## Try it
Among the lines below, copy exactly those from the one with "c_pages = 1;" through the one with "AllCounted (start.ate ∷ [])", counting both ends.

::::::::::

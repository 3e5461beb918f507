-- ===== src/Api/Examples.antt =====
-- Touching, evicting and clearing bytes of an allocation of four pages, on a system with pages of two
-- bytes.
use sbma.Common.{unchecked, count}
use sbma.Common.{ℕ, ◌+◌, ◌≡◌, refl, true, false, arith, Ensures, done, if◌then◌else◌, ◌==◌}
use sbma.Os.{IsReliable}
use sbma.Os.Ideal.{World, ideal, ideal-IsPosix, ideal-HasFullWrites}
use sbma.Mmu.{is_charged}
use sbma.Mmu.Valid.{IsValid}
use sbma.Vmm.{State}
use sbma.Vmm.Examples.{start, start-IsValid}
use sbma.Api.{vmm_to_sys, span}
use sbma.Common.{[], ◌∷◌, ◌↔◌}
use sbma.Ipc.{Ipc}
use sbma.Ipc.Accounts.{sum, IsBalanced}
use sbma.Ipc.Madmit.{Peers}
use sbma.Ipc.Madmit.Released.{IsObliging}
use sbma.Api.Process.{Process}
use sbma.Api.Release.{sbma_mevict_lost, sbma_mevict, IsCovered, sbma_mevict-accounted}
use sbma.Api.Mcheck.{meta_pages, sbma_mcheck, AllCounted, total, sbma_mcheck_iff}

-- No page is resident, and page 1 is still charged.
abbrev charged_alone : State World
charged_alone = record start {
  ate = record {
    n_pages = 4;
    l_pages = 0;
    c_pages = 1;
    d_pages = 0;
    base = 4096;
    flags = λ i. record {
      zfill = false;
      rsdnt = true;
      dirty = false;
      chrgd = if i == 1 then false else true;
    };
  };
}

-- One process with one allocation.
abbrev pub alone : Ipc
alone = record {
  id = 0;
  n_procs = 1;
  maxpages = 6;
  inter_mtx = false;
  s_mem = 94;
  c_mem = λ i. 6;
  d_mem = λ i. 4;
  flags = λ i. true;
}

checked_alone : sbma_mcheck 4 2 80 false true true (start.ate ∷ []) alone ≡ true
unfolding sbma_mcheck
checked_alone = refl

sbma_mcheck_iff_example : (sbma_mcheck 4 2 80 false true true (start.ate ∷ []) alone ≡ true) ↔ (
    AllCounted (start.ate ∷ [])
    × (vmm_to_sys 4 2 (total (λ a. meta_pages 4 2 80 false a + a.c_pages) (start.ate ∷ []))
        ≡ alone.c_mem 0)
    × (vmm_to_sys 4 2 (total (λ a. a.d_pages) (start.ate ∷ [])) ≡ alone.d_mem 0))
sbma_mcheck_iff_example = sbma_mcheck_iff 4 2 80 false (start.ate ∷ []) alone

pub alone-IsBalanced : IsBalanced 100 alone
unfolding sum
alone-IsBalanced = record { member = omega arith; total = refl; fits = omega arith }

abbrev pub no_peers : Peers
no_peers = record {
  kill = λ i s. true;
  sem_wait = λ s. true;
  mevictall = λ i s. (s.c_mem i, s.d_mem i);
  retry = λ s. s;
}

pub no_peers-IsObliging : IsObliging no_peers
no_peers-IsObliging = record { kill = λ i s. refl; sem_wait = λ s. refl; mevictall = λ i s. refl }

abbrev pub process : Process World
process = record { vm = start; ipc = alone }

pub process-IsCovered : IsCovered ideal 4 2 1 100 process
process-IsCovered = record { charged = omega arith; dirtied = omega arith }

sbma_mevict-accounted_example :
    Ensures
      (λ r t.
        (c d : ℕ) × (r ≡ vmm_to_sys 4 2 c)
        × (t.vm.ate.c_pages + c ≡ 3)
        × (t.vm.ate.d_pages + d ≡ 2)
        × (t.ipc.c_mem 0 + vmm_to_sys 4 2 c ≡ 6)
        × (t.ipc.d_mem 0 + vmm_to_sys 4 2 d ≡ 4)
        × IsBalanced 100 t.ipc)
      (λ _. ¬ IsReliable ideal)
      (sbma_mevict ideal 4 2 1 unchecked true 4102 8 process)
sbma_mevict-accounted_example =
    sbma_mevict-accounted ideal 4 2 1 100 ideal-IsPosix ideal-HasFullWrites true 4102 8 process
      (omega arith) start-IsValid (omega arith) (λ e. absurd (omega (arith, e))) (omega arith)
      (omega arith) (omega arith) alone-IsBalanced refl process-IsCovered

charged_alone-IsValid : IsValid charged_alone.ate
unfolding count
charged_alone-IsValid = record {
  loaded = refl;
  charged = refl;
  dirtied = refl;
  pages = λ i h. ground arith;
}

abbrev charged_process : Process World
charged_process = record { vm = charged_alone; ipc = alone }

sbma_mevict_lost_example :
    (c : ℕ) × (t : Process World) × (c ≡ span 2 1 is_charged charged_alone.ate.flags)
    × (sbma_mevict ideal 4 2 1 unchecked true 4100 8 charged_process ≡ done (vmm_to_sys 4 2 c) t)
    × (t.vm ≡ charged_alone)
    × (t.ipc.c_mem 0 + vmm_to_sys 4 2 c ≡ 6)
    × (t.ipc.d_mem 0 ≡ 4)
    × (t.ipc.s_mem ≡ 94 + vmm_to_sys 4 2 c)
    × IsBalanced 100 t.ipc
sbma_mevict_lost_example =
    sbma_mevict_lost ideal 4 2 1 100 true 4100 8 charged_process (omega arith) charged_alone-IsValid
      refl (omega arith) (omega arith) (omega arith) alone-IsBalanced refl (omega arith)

::::::::::

## Expected answer
    c_pages = 1;
    d_pages = 0;
    base = 4096;
    flags = λ i. record {
      zfill = false;
      rsdnt = true;
      dirty = false;
      chrgd = if i == 1 then false else true;
    };
  };
}

-- One process with one allocation.
abbrev pub alone : Ipc
alone = record {
  id = 0;
  n_procs = 1;
  maxpages = 6;
  inter_mtx = false;
  s_mem = 94;
  c_mem = λ i. 6;
  d_mem = λ i. 4;
  flags = λ i. true;
}

checked_alone : sbma_mcheck 4 2 80 false true true (start.ate ∷ []) alone ≡ true
unfolding sbma_mcheck
checked_alone = refl

sbma_mcheck_iff_example : (sbma_mcheck 4 2 80 false true true (start.ate ∷ []) alone ≡ true) ↔ (
    AllCounted (start.ate ∷ [])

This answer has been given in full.